Instructions to follow: Retype each entry below exactly as it stands.

Task inputs:
-- ===== src/LockFreeStack/Threads.antt =====
-- How a step of one thread leaves what the others know and own.
use mathlib.Core.Path.{subst}
use low_level_cpp.Base.{ℕ, ◌≡◌, ◌≢◌, ◌⊎◌, inl, inr, refl, sym, ap, ◌∙◌, List, arith, eq-cases}
use low_level_cpp.Base.Chain.{Ptr, nullptr}
use low_level_cpp.Base.Store.{update, update_self, update_other}
use low_level_cpp.LockFreeStack.{
  LockFreeStack, Pc, idle, push_loading, push_linking, push_ready, pop_loading, pop_loaded,
  pop_tagging, pop_ready, pop_taken, System, moved,
}
use low_level_cpp.LockFreeStack.Abstract.{Duty, must_push, must_return, Abstract}
use low_level_cpp.LockFreeStack.Invariant.{
  Owns, Reserves, Sees, Knows, Settled, IsThread, Apart, IsStack, Simulates,
}

pub Apart-sym : (p q : Pc) → Apart p q → Apart q p
Apart-sym p q a = record {
  nodes = λ x h k. a.nodes x k h;
  tags = λ t h k. a.tags t k h;
  comes = λ x t r v. a.came x t r v;
  came = λ x t r v. a.comes x t r v;
}

-- A thread that gives up what it had, or that loads the top.
pub Apart-weaken :
    (s : LockFreeStack) (nodes : List Ptr) (p p' q : Pc)
    → IsThread s nodes q
    → Apart p q
    → ((a : Ptr) → Owns p' a → Owns p a)
    → ((t : ℕ) → Reserves p' t → Reserves p t)
    → ((a : Ptr) (t : ℕ) → Sees p' a t → Sees p a t ⊎ ((s.top.node ≡ a) × (s.top.tag ≡ t)))
    → Apart p' q
Apart-weaken s nodes p p' q thread apart own reserve see = record {
  nodes = λ a h. apart.nodes a (own a h);
  tags = λ t h. apart.tags t (reserve t h);
  comes = λ a t h. apart.comes a t (reserve t h);
  came = λ a t r v. elim (see a t v) [
    | inl old ↦ apart.came a t r old
    | inr (node, tag) ↦ sym node ∙ (thread.reserved t r).1 tag
  ];
}

-- A thread that fetches the next tag.
pub Apart-fetch :
    (s : LockFreeStack) (nodes : List Ptr) (p p' q : Pc)
    → IsThread s nodes q
    → Apart p q
    → ((a : Ptr) → Owns p' a → Owns p a)
    → ((t : ℕ) → Reserves p' t → s.tag_counter ≡ t)
    → ((a : Ptr) (t : ℕ) → Sees p' a t → Sees p a t)
    → Apart p' q
Apart-fetch s nodes p p' q thread apart own reserve see = record {
  nodes = λ a h. apart.nodes a (own a h);
  tags = λ t h k. omega (arith, reserve t h, (thread.reserved t k).0);
  comes = λ a t h v. elim (thread.seen a t v) [
    | inl below ↦ absurd (omega (arith, reserve t h))
    | inr null ↦ null
  ];
  came = λ a t r v. apart.came a t r (see a t v);
}

pub Knows-frame :
    (s t : LockFreeStack) (q : Pc)
    → ((a : Ptr) → Owns q a → t.next a ≡ s.next a)
    → ((a : Ptr) (tag : ℕ)
        → Sees q a tag
        → a ≢ nullptr
        → a ≡ t.top.node
        → tag ≡ t.top.tag
        → (a ≡ s.top.node) × (tag ≡ s.top.tag) × (t.next a ≡ s.next a))
    → Knows s q
    → Knows t q
Knows-frame s t idle own see k = tt
Knows-frame s t (push_loading n) own see k = tt
Knows-frame s t (push_linking n old) own see k = tt
Knows-frame s t (push_ready n old r) own see k = own n refl ∙ k
Knows-frame s t pop_loading own see k = tt
Knows-frame s t (pop_loaded old) own see k = tt
Knows-frame s t (pop_tagging old n) own see (nonnull, next) = (
  nonnull,
  λ e f. let (e', f', same) = see old.node old.tag (refl, refl) nonnull e f in same ∙ next e' f',
)
Knows-frame s t (pop_ready old n r) own see (nonnull, next) = (
  nonnull,
  λ e f. let (e', f', same) = see old.node old.tag (refl, refl) nonnull e f in same ∙ next e' f',
)
Knows-frame s t (pop_taken p) own see k = tt

pub Settled-frame :
    (s t : LockFreeStack) (duty : Duty) (q : Pc)
    → ((a : Ptr) → Owns q a → t.key a ≡ s.key a)
    → Settled s duty q
    → Settled t duty q
Settled-frame s t duty idle own h = h
Settled-frame s t duty (push_loading n) own h = h ∙ ap must_push (sym (own n refl))
Settled-frame s t duty (push_linking n old) own h = h ∙ ap must_push (sym (own n refl))
Settled-frame s t duty (push_ready n old r) own h = h ∙ ap must_push (sym (own n refl))
Settled-frame s t duty pop_loading own h = h
Settled-frame s t duty (pop_loaded old) own h = h
Settled-frame s t duty (pop_tagging old n) own h = h
Settled-frame s t duty (pop_ready old n r) own h = h
Settled-frame s t duty (pop_taken p) own h = h ∙ ap must_return (sym (own p refl))

-- A thread beside the one that moves.
pub record Beside (t : LockFreeStack) (nodes : List Ptr) (duty : Duty) (p' q : Pc) : Type 0 where
  pub thread : IsThread t nodes q
  pub settled : Settled t duty q
  pub apart : Apart p' q

-- The system after a step of thread `i`.
pub moved-Simulates :
    (s : System) (i : ℕ) (p : Pc) (t : LockFreeStack) (nodes : List Ptr) (a a' : Abstract)
    → Simulates s a
    → IsStack t nodes a'.keys
    → IsThread t nodes p
    → Settled t (a'.duty i) p
    → ((j : ℕ) → i ≢ j → Beside t nodes (a'.duty j) p (s.pc j))
    → Simulates (moved i p t s) a'
moved-Simulates s i p t nodes a a' sim stack thread settled beside = record {
  nodes = nodes;
  stack = stack;
  thread = λ j. elim (eq-cases i j) [
    | inl this ↦ subst (IsThread t nodes) (sym (at_self j this)) thread
    | inr other ↦
        subst (IsThread t nodes) (sym (update_other s.pc i j p other)) (beside j other).thread
  ];
  settled = λ j. elim (eq-cases i j) [
    | inl this ↦
        subst (λ j'. Settled t (a'.duty j') (update s.pc i p j')) this
          (subst (Settled t (a'.duty i)) (sym (update_self s.pc i p)) settled)
    | inr other ↦
        subst (Settled t (a'.duty j)) (sym (update_other s.pc i j p other)) (beside j other).settled
  ];
  apart = λ j k ne. elim (eq-cases i j) [
    | inl this ↦
        let other : i ≢ k = λ e. ne (sym this ∙ e) in
        subst (λ x. Apart x (update s.pc i p k)) (sym (at_self j this))
          (subst (Apart p) (sym (update_other s.pc i k p other)) (beside k other).apart)
    | inr apart ↦ elim (eq-cases i k) [
      | inl that ↦ subst (Apart (update s.pc i p j)) (sym (at_self k that)) (
          subst (λ x. Apart x p) (sym (update_other s.pc i j p apart))
            (Apart-sym p (s.pc j) (beside j apart).apart))
      | inr other ↦
          subst (λ x. Apart x (update s.pc i p k)) (sym (update_other s.pc i j p apart))
            (subst (Apart (s.pc j)) (sym (update_other s.pc i k p other)) (sim.apart j k ne))
    ]
  ];
}
  where
    at_self : (j : ℕ) → i ≡ j → update s.pc i p j ≡ p
    at_self j e = ap (update s.pc i p) (sym e) ∙ update_self s.pc i p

Response box:
-- ===== src/LockFreeStack/Threads.antt =====
-- How a step of one thread leaves what the others know and own.
use mathlib.Core.Path.{subst}
use low_level_cpp.Base.{ℕ, ◌≡◌, ◌≢◌, ◌⊎◌, inl, inr, refl, sym, ap, ◌∙◌, List, arith, eq-cases}
use low_level_cpp.Base.Chain.{Ptr, nullptr}
use low_level_cpp.Base.Store.{update, update_self, update_other}
use low_level_cpp.LockFreeStack.{
  LockFreeStack, Pc, idle, push_loading, push_linking, push_ready, pop_loading, pop_loaded,
  pop_tagging, pop_ready, pop_taken, System, moved,
}
use low_level_cpp.LockFreeStack.Abstract.{Duty, must_push, must_return, Abstract}
use low_level_cpp.LockFreeStack.Invariant.{
  Owns, Reserves, Sees, Knows, Settled, IsThread, Apart, IsStack, Simulates,
}

pub Apart-sym : (p q : Pc) → Apart p q → Apart q p
Apart-sym p q a = record {
  nodes = λ x h k. a.nodes x k h;
  tags = λ t h k. a.tags t k h;
  comes = λ x t r v. a.came x t r v;
  came = λ x t r v. a.comes x t r v;
}

-- A thread that gives up what it had, or that loads the top.
pub Apart-weaken :
    (s : LockFreeStack) (nodes : List Ptr) (p p' q : Pc)
    → IsThread s nodes q
    → Apart p q
    → ((a : Ptr) → Owns p' a → Owns p a)
    → ((t : ℕ) → Reserves p' t → Reserves p t)
    → ((a : Ptr) (t : ℕ) → Sees p' a t → Sees p a t ⊎ ((s.top.node ≡ a) × (s.top.tag ≡ t)))
    → Apart p' q
Apart-weaken s nodes p p' q thread apart own reserve see = record {
  nodes = λ a h. apart.nodes a (own a h);
  tags = λ t h. apart.tags t (reserve t h);
  comes = λ a t h. apart.comes a t (reserve t h);
  came = λ a t r v. elim (see a t v) [
    | inl old ↦ apart.came a t r old
    | inr (node, tag) ↦ sym node ∙ (thread.reserved t r).1 tag
  ];
}

-- A thread that fetches the next tag.
pub Apart-fetch :
    (s : LockFreeStack) (nodes : List Ptr) (p p' q : Pc)
    → IsThread s nodes q
    → Apart p q
    → ((a : Ptr) → Owns p' a → Owns p a)
    → ((t : ℕ) → Reserves p' t → s.tag_counter ≡ t)
    → ((a : Ptr) (t : ℕ) → Sees p' a t → Sees p a t)
    → Apart p' q
Apart-fetch s nodes p p' q thread apart own reserve see = record {
  nodes = λ a h. apart.nodes a (own a h);
  tags = λ t h k. omega (arith, reserve t h, (thread.reserved t k).0);
  comes = λ a t h v. elim (thread.seen a t v) [
    | inl below ↦ absurd (omega (arith, reserve t h))
    | inr null ↦ null
  ];
  came = λ a t r v. apart.came a t r (see a t v);
}

pub Knows-frame :
    (s t : LockFreeStack) (q : Pc)
    → ((a : Ptr) → Owns q a → t.next a ≡ s.next a)
    → ((a : Ptr) (tag : ℕ)
        → Sees q a tag
        → a ≢ nullptr
        → a ≡ t.top.node
        → tag ≡ t.top.tag
        → (a ≡ s.top.node) × (tag ≡ s.top.tag) × (t.next a ≡ s.next a))
    → Knows s q
    → Knows t q
Knows-frame s t idle own see k = tt
Knows-frame s t (push_loading n) own see k = tt
Knows-frame s t (push_linking n old) own see k = tt
Knows-frame s t (push_ready n old r) own see k = own n refl ∙ k
Knows-frame s t pop_loading own see k = tt
Knows-frame s t (pop_loaded old) own see k = tt
Knows-frame s t (pop_tagging old n) own see (nonnull, next) = (
  nonnull,
  λ e f. let (e', f', same) = see old.node old.tag (refl, refl) nonnull e f in same ∙ next e' f',
)
Knows-frame s t (pop_ready old n r) own see (nonnull, next) = (
  nonnull,
  λ e f. let (e', f', same) = see old.node old.tag (refl, refl) nonnull e f in same ∙ next e' f',
)
Knows-frame s t (pop_taken p) own see k = tt

pub Settled-frame :
    (s t : LockFreeStack) (duty : Duty) (q : Pc)
    → ((a : Ptr) → Owns q a → t.key a ≡ s.key a)
    → Settled s duty q
    → Settled t duty q
Settled-frame s t duty idle own h = h
Settled-frame s t duty (push_loading n) own h = h ∙ ap must_push (sym (own n refl))
Settled-frame s t duty (push_linking n old) own h = h ∙ ap must_push (sym (own n refl))
Settled-frame s t duty (push_ready n old r) own h = h ∙ ap must_push (sym (own n refl))
Settled-frame s t duty pop_loading own h = h
Settled-frame s t duty (pop_loaded old) own h = h
Settled-frame s t duty (pop_tagging old n) own h = h
Settled-frame s t duty (pop_ready old n r) own h = h
Settled-frame s t duty (pop_taken p) own h = h ∙ ap must_return (sym (own p refl))

-- A thread beside the one that moves.
pub record Beside (t : LockFreeStack) (nodes : List Ptr) (duty : Duty) (p' q : Pc) : Type 0 where
  pub thread : IsThread t nodes q
  pub settled : Settled t duty q
  pub apart : Apart p' q

-- The system after a step of thread `i`.
pub moved-Simulates :
    (s : System) (i : ℕ) (p : Pc) (t : LockFreeStack) (nodes : List Ptr) (a a' : Abstract)
    → Simulates s a
    → IsStack t nodes a'.keys
    → IsThread t nodes p
    → Settled t (a'.duty i) p
    → ((j : ℕ) → i ≢ j → Beside t nodes (a'.duty j) p (s.pc j))
    → Simulates (moved i p t s) a'
moved-Simulates s i p t nodes a a' sim stack thread settled beside = record {
  nodes = nodes;
  stack = stack;
  thread = λ j. elim (eq-cases i j) [
    | inl this ↦ subst (IsThread t nodes) (sym (at_self j this)) thread
    | inr other ↦
        subst (IsThread t nodes) (sym (update_other s.pc i j p other)) (beside j other).thread
  ];
  settled = λ j. elim (eq-cases i j) [
    | inl this ↦
        subst (λ j'. Settled t (a'.duty j') (update s.pc i p j')) this
          (subst (Settled t (a'.duty i)) (sym (update_self s.pc i p)) settled)
    | inr other ↦
        subst (Settled t (a'.duty j)) (sym (update_other s.pc i j p other)) (beside j other).settled
  ];
  apart = λ j k ne. elim (eq-cases i j) [
    | inl this ↦
        let other : i ≢ k = λ e. ne (sym this ∙ e) in
        subst (λ x. Apart x (update s.pc i p k)) (sym (at_self j this))
          (subst (Apart p) (sym (update_other s.pc i k p other)) (beside k other).apart)
    | inr apart ↦ elim (eq-cases i k) [
      | inl that ↦ subst (Apart (update s.pc i p j)) (sym (at_self k that)) (
          subst (λ x. Apart x p) (sym (update_other s.pc i j p apart))
            (Apart-sym p (s.pc j) (beside j apart).apart))
      | inr other ↦
          subst (λ x. Apart x (update s.pc i p k)) (sym (update_other s.pc i j p apart))
            (subst (Apart (s.pc j)) (sym (update_other s.pc i k p other)) (sim.apart j k ne))
    ]
  ];
}
  where
    at_self : (j : ℕ) → i ≡ j → update s.pc i p j ≡ p
    at_self j e = ap (update s.pc i p) (sym e) ∙ update_self s.pc i p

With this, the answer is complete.